How to Join
Participation in LPPC is open to people from different levels, schools, courses, institutions, and companies. LPPC is voluntary and non-profit.
You do not need previous contest experience. You need respect, regularity, and willingness to study.
You also do not need to arrive with a finished solution. In many meetings, an incomplete attempt is enough to start a useful conversation about reading the statement, finding an idea, implementing, testing, and debugging.
Before entering the community channels, read the LPPC Code of Conduct. It explains the basic rules for coexistence, authorship, and responsible tool use.
Channels
The LPPC Discord is the main channel for questions, links, resources, tracks, and technical conversations.

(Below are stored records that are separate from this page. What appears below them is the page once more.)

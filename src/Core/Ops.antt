-- ===== src/Core/Ops.antt =====
-- crates/core/src/ops.rs: pulling and pushing whole trees.
pub mod Local
pub mod Stats
pub mod Pull
pub mod Push
pub mod Ends
pub mod Inside
pub mod Outside
pub mod Confined
pub mod Truthful
pub mod Joining
pub mod Staged
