-- ===== src/Core/Ops/Pull.antt =====
-- `pull_tree`: a directory of the device is copied to the local disk.
use pereprava.Prelude.{
  ℕ, zero, suc, ◌+◌, ◌%◌, ◌^◌, false, Option, none, some, List, [], ◌∷◌, if◌then◌else◌,
}
use pereprava.Prelude.Text.{Text}
use pereprava.Core.Error.{Result, ok, err}
use pereprava.Core.Names.{Unicode}
use pereprava.Core.Model.{Entry}
use pereprava.Core.Actor.Device.{Device}
use pereprava.Core.Actor.Monad.{Act, pure, fail, lift, ◌>>=◌, ◌>>◌}
use pereprava.Core.Actor.State.{ActorState, Handler}
use pereprava.Core.Actor.Lookup
use pereprava.Core.Actor.Transfer.{Writer}
use pereprava.Core.Actor.Handle.{download_into}
use pereprava.Core.Ops.Local.{LocalPath, Disk, join, temp_sibling}
use pereprava.Core.Ops.Stats.{
  is_safe_component, check_depth, TreeStats, one_dir, skip_one, count_file, add_stats, join_device,
}

module _ (D : Device) (F : Disk) where
  -- The actor, the local disk, and the counter of `temp_sibling`.
  pub record World : Type 0 where
    pub actor : ActorState D
    pub disk : F.State
    pub counter : ℕ

module _ (F : Disk) where
  unfoldable pub create_temp : LocalPath → F.State → Result (Option F.File) × F.State
  create_temp tmp s = let (f, s') = F.create tmp s in (ok f, s')

  unfoldable pub remove_temp : LocalPath → F.State → Result (Unit {0}) × F.State
  remove_temp tmp s = (ok tt, F.remove_file tmp s)

  abbrev pub writer_of : F.File → Writer
  writer_of f = record { State = F.State; write_all = F.write_all f; flush = F.flush f }

unfoldable pub with_sub : TreeStats → Option TreeStats → Option TreeStats
with_sub stats none = none
with_sub stats (some sub) = some (add_stats stats sub)

module _ {D : Device} {F : Disk} where
  unfoldable pub on_actor : {A : Type 0} → Handler D A → Act (World D F) A
  on_actor m w = let (r, s) = m w.actor in (r, record w { actor = s })

  unfoldable pub on_disk : {A : Type 0} → (F.State → Result A × F.State) → Act (World D F) A
  on_disk op w = let (r, s) = op w.disk in (r, record w { disk = s })

  -- The name of the next temporary file.
  unfoldable pub next_temp : LocalPath → Act (World D F) LocalPath
  next_temp path w =
      (ok (temp_sibling F.pid w.counter path), record w { counter = (w.counter + 1) % 2 ^ 64 })

  module _ (u : Unicode) where
    -- The outcome of `download_into` as a value, since the caller matches on it.
    unfoldable pub try_download : F.File → Text → Act (World D F) (Result ℕ)
    try_download f remote w =
        let (r, disk, actor) = download_into u D (writer_of F f) remote w.disk w.actor in
        (ok r, record w { actor = actor; disk = disk })

    -- The arms of the `match` on the download.
    unfoldable pub settle_file :
        LocalPath → LocalPath → TreeStats → Result ℕ → Act (World D F) (Option TreeStats)
    unfolding remove_temp
    settle_file tmp child_local stats (ok n) = do
      on_disk (F.rename tmp child_local)
      pure (some (count_file n stats))
    settle_file tmp child_local stats (err e) = do on_disk (remove_temp F tmp); fail e

    unfoldable pub stage_file :
        Text
        → LocalPath
        → LocalPath
        → TreeStats
        → Option F.File
        → Act (World D F) (Option TreeStats)
    unfolding settle_file
    stage_file remote tmp child_local stats none = pure (some (skip_one stats))
    stage_file remote tmp child_local stats (some f) = do
      r ← try_download f remote
      settle_file tmp child_local stats r

    unfoldable pub pull_file : Text → LocalPath → TreeStats → Act (World D F) (Option TreeStats)
    unfolding create_temp stage_file
    pull_file remote child_local stats = do
      tmp ← next_temp child_local
      file ← on_disk (create_temp F tmp)
      stage_file remote tmp child_local stats file

    -- One round of the loop. `below` is `pull_tree_step`, one level down; `none` means that its fuel
    -- ran out.
    unfoldable pub pull_entry :
        (Text → LocalPath → Act (World D F) (Option TreeStats))
        → Text
        → LocalPath
        → TreeStats
        → Entry
        → Act (World D F) (Option TreeStats)
    unfolding pull_file with_sub
    pull_entry below remote local stats e =
        if is_safe_component e.name
        then (if e.is_dir
            then (do
              sub ← below (join_device remote e.name) (join local e.name)
              pure (with_sub stats sub))
            else pull_file (join_device remote e.name) (join local e.name) stats)
        else pure (some (skip_one stats))

    unfoldable pub pull_entries :
        (Text → LocalPath → Act (World D F) (Option TreeStats))
        → Text
        → LocalPath
        → Option TreeStats
        → List Entry
        → Act (World D F) (Option TreeStats)
    unfolding pull_entry
    pull_entries below remote local none es = pure none
    pull_entries below remote local (some stats) [] = pure (some stats)
    pull_entries below remote local (some stats) (e ∷ es) = do
      stats' ← pull_entry below remote local stats e
      pull_entries below remote local stats' es

    -- `pull_tree_inner`
    unfoldable pub pull_tree_inner : ℕ → ℕ → Text → LocalPath → Act (World D F) (Option TreeStats)
    unfolding pull_entries
    pull_tree_inner zero depth remote local = pure none
    pull_tree_inner (suc fuel) depth remote local = do
      lift (check_depth depth)
      on_disk (F.create_dir_all local)
      entries ← on_actor (Lookup.list u D remote false)
      pull_entries (λ r l. pull_tree_inner fuel (suc depth) r l) remote local (some one_dir) entries

    -- `pull_tree`
    unfoldable pub pull_tree : ℕ → Text → LocalPath → Act (World D F) (Option TreeStats)
    pull_tree fuel remote local = pull_tree_inner fuel 0 remote local
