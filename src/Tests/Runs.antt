-- ===== src/Tests/Runs.antt =====
-- Runs of both reconcilers on a cluster where their secrets exist.
use opensearch_operator.Common.{◌≡◌, refl, true, none, some}
use opensearch_operator.Common.Outcome.{ok}
use opensearch_operator.Common.Action.{next, wrapped}
use opensearch_operator.Pki.{load_root_ca_transport, load_root_ca_api}
use opensearch_operator.Api.Names.{
  is_self_managed_secret_for_tls_api, get_node_names, get_node_group_node_names,
}
use opensearch_operator.Controllers.State.{
  Secret, secret, authority, Kube, Store, ReadsData, fetch, as_secret, as_authority, as_certificate,
  as_certificates,
}
use opensearch_operator.Controllers.Phases.{
  Reachable, start, continue, read_step, diff_step, world_step, update_step,
}
use opensearch_operator.Controllers.Phases.Typed.{Panics}
use opensearch_operator.Controllers.TransportTls.Runs.{transport_phases}
use opensearch_operator.Controllers.TransportTls.Assertions.{
  assertions-hold, current_secret-HasRoot,
}
use opensearch_operator.Controllers.TransportTls.Steps as Transport
use opensearch_operator.Controllers.ApiTls.Steps as ApiSteps
use opensearch_operator.Controllers.ApiTls.Runs.{api_phases}
use opensearch_operator.Controllers.ApiTls.Assertions.{api_assertions-hold, managed_secret-HasRoot}
use opensearch_operator.Tests.External.{goca, kube, kube-ReadsData, empty_store}
use opensearch_operator.Tests.Cluster.{cluster}

-- A secret with something under every key.
abbrev full_secret : Secret
full_secret = record {
  meta = cluster.meta;
  secret_type = "Opaque";
  owner = none;
  contents = some (λ k. some "pem");
}

abbrev full_kube : Kube goca
full_kube = record kube { get_secret = λ namespace name w. (ok full_secret, w) }

full_kube-ReadsData : ReadsData goca full_kube
full_kube-ReadsData = record { found = kube-ReadsData.found; missing = kube-ReadsData.missing }

abbrev after_read : Store goca
after_read = (Transport.read goca full_kube cluster empty_store).1

run : Reachable goca (transport_phases goca full_kube cluster) after_read
run = continue (start 5) (read_step empty_store)

-- Read, Diff, and an Update after time has gone by.
longer_run :
    Reachable goca
      (transport_phases goca full_kube cluster)
      (Transport.update goca full_kube cluster (record {
        world = 9;
        entries = (Transport.diff goca full_kube cluster after_read).1.entries;
      })).1
longer_run = continue (continue (continue run (diff_step _)) (world_step _ 9)) (update_step _)

holds : after_read.entries "currentSecret" ≡ some (secret (some full_secret))
unfolding Transport.read load_root_ca_transport next wrapped get_node_names
    get_node_group_node_names
holds = refl

assertions-hold_example :
    (¬ Panics (fetch goca full_kube "currentSecret" (as_secret goca) after_read).0)
    × (¬ Panics (fetch goca full_kube "rootCA" (as_authority goca) after_read).0)
    × (¬ Panics (fetch goca full_kube "adminCertificate" (as_certificate goca) after_read).0)
    × (¬ Panics (fetch goca full_kube "nodeCertificates" (as_certificates goca) after_read).0)
    × (¬ Panics (fetch goca full_kube "expectedSecret" (as_secret goca) after_read).0)
assertions-hold_example = assertions-hold goca full_kube cluster full_kube-ReadsData run

current_secret-HasRoot_example :
    (ca : goca.Ca) × (after_read.entries "rootCA" ≡ some (authority (some ca)))
current_secret-HasRoot_example =
    current_secret-HasRoot goca full_kube cluster full_kube-ReadsData run full_secret holds

abbrev after_api_read : Store goca
after_api_read = (ApiSteps.read goca full_kube cluster empty_store).1

api_run : Reachable goca (api_phases goca full_kube cluster) after_api_read
api_run = continue (start 5) (read_step empty_store)

managed : is_self_managed_secret_for_tls_api cluster ≡ true
unfolding is_self_managed_secret_for_tls_api
managed = refl

api_holds : after_api_read.entries "currentSecret" ≡ some (secret (some full_secret))
unfolding ApiSteps.read load_root_ca_api next wrapped is_self_managed_secret_for_tls_api
api_holds = refl

api_assertions-hold_example :
    (¬ Panics (fetch goca full_kube "currentSecret" (as_secret goca) after_api_read).0)
    × (¬ Panics (fetch goca full_kube "rootCA" (as_authority goca) after_api_read).0)
    × (¬ Panics (fetch goca full_kube "apiCertificate" (as_certificate goca) after_api_read).0)
    × (¬ Panics (fetch goca full_kube "expectedSecret" (as_secret goca) after_api_read).0)
api_assertions-hold_example = api_assertions-hold goca full_kube cluster full_kube-ReadsData api_run

managed_secret-HasRoot_example :
    (ca : goca.Ca) × (after_api_read.entries "rootCA" ≡ some (authority (some ca)))
managed_secret-HasRoot_example =
    managed_secret-HasRoot goca full_kube cluster api_run managed full_secret api_holds
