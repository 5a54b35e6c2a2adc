-- ===== src/Tests/Serving.antt =====
-- The API secret of a cluster with alternative names and addresses.
use opensearch_operator.Common.{◌≡◌, refl, ◌+◌, String, Option, none, some, [], ◌∷◌}
use opensearch_operator.Common.Action.{next}
use opensearch_operator.Common.Outcome.{ok}
use opensearch_operator.Api.Types.{Opensearch}
use opensearch_operator.Api.Names.{is_self_managed_secret_for_tls_api}
use opensearch_operator.Pki.{need_renew_certificate, new_api_tls}
use opensearch_operator.Pki.Issuing.{ApiTlsResult, new_api_tls_cases}
use opensearch_operator.Controllers.TransportTls.Secrets.{ca_entries, issued_entries}
use opensearch_operator.Controllers.TransportTls.Steps.{no_diff}
use opensearch_operator.Controllers.ApiTls.Outcomes.{reconcile}
use opensearch_operator.Controllers.ApiTls.Settled.{Serves, reconcile-IsServed}
use opensearch_operator.Controllers.State.{
  Secret, write_map, set_data, secret, certificate, authority,
}
use opensearch_operator.Tests.Cluster.{cluster, balancer}
use opensearch_operator.Tests.Convergence.{
  keeping, keeper, keeper-ReadsData, beginning, valid_end, blank,
}
use opensearch_operator.Tests.External.{kube-KeepsContents}

abbrev open_cluster : Opensearch
open_cluster = record cluster {
  spec = record cluster.spec {
    endpoint = some (record {
      ingress = none;
      load_balancer = some (record balancer {
        tls = some (record {
          self_signed_certificate =
              some (record { alt_names = "search.example.org" ∷ []; alt_ips = "10.0.0.1" ∷ [] });
          certificate_secret_ref = "";
        });
      });
    });
  };
}

-- The secret that `generateSecret` is meant to write.
abbrev served_data : String → Option String
served_data = write_map (("api.pfx", some "prod") ∷ []) (
    write_map (issued_entries keeping "api" "prod") (write_map (ca_entries keeping tt) (λ k. none)))

abbrev served_secret : Secret
served_secret = record blank { contents = some served_data }

served : Serves keeping tt "prod" served_secret
served = record {
  entries = served_data;
  has_entries = refl;
  ca_crt = refl;
  ca_key = refl;
  ca_pub = refl;
  ca_crl = refl;
  api_crt = refl;
}

reconcile-IsServed_example :
    reconcile keeping keeper open_cluster (record {
      world = record { held = some served_secret; time = beginning };
      entries = λ k. none;
    })
    ≡ (
      ok no_diff,
      record {
        world = record { held = some served_secret; time = beginning + 2 };
        entries = set_data keeping "currentSecret" (secret (some served_secret)) (
            set_data keeping "apiCertificate"
              (certificate (some valid_end))
              (set_data keeping "rootCA" (authority (some tt)) λ k. none));
      },
    )
unfolding is_self_managed_secret_for_tls_api need_renew_certificate next
reconcile-IsServed_example =
    reconcile-IsServed keeping keeper open_cluster kube-KeepsContents keeper-ReadsData (λ ca. refl)
      (record {
        world = record { held = some served_secret; time = beginning };
        entries = λ k. none;
      })
      served refl refl refl refl refl refl

new_api_tls_cases_example :
    ApiTlsResult keeping "prod"
      ("search.example.org" ∷ [])
      ("10.0.0.1" ∷ "localhost" ∷ [])
      tt
      (record { held = none; time = beginning })
      (new_api_tls keeping "prod"
        ("search.example.org" ∷ [])
        ("10.0.0.1" ∷ "localhost" ∷ [])
        (some tt)
        (record { held = none; time = beginning }))
new_api_tls_cases_example =
    new_api_tls_cases keeping "prod" ("search.example.org" ∷ []) ("10.0.0.1" ∷ "localhost" ∷ []) tt
      (record { held = none; time = beginning }) (λ e. cc)
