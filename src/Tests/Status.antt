-- ===== src/Tests/Status.antt =====
-- An instance of the functions on conditions, and a report that passes through the steps.
use opensearch_operator.Common.{
  ◌≡◌, refl, String, ◌=?◌, eq_iff, eq_refl, Option, none, some, List, [], ◌∷◌, true, false,
  if◌then◌else◌, Bool-cases, inl, inr,
}
use opensearch_operator.Api.Kubernetes.{Condition}
use opensearch_operator.Controllers.State.{Diff}
use opensearch_operator.Controllers.Conditions.{
  Meta, IsMeta, Report, Layer, transport, api, configure, on_error, on_success, delete,
}
use opensearch_operator.Controllers.Conditions.Calls.{
  Call, configured, failed, succeeded, deleted, calls, status_of, IsHistory,
}
use opensearch_operator.Controllers.Conditions.History.{calls-IsHistory}
use opensearch_operator.Controllers.ApiTls.Status.{
  api_configure, api_on_error, api_on_success, api_delete,
}
use opensearch_operator.Tests.Cluster.{cluster}

abbrev find : List Condition → String → Option Condition
find [] k = none
find (c ∷ cs) k = if c.condition_type =? k then some c else find cs k

abbrev meta : Meta
meta = record {
  find_status_condition = find;
  set_status_condition = λ cs c. c ∷ cs;
  is_present_and_equal =
      λ cs k status. elim (find cs k) [ none ↦ false | some c ↦ c.status =? status ];
}

meta-IsMeta : IsMeta meta
meta-IsMeta = record {
  find-set = λ cs c. rw (eq_refl c.condition_type) refl;
  find-set_other = λ cs c k n. elim (Bool-cases (c.condition_type =? k)) [
    | inl same ↦ absurd (n ((eq_iff c.condition_type k).0 same))
    | inr other ↦ rw other refl
  ];
  present = λ cs k status. refl;
}

abbrev empty_report : Report
empty_report = record { conditions = []; events = []; total_errors = 0; decrements = λ label. 0 }

abbrev names : Layer → String
names transport = "opensearchTransportTls"
names api = "opensearchApiTls"

abbrev created : Diff
created = record { need_create = true; need_update = false; text = "" }

-- The reconcilers take turns.
abbrev turns : List (Layer × Call)
turns =
    (transport, configured)
    ∷ (api, configured)
    ∷ (transport, failed "no route")
    ∷ (api, succeeded created)
    ∷ (transport, succeeded created)
    ∷ (api, failed "no secret")
    ∷ (transport, deleted)
    ∷ []

-- Each condition ends as its own reconciler left it.
turns_settled :
    (status_of meta transport (calls meta cluster names turns empty_report) ≡ some "True")
    × (status_of meta api (calls meta cluster names turns empty_report) ≡ some "False")
unfolding calls configure on_error on_success delete api_configure api_on_error api_on_success
    api_delete
turns_settled = (refl, refl)

calls-IsHistory_example :
    IsHistory meta cluster names turns empty_report (calls meta cluster names turns empty_report)
calls-IsHistory_example = calls-IsHistory meta meta-IsMeta cluster names turns empty_report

The LPPC WhatsApp group is used for quick announcements about meetings, times, places, and urgent changes. For longer conversations, use Discord.
First Steps
- Read the Code of Conduct.
- Join the Discord.
- Follow announcements through WhatsApp.
- See the meetings page and participate in the next activity.
- Choose a track and use the resources consistently.
First Week
In the first week, do the minimum needed to enter the rhythm:
- Join the LPPC channels.
- Choose one beginner problem from one of the platforms listed in resources.
- Try to solve it before asking for a ready-made solution.
- Write down where you got stuck: statement reading, idea, code, testing, or submission error.
- Bring that attempt to the next meeting or to Discord.
Who Can Participate
High-school, technical-school, and higher-education students may participate, as well as self-taught learners, professionals, and representatives of institutions. There is room for beginners, provided there is commitment to study and authorship of one’s own solutions.
More experienced participants are welcome to practice, discuss solutions, and support the community.
Veteran participants can help by reviewing ideas, suggesting problems, writing editorials, organizing practice contests, or acting as problem setters. This support should strengthen the learner’s authorship, not replace their study.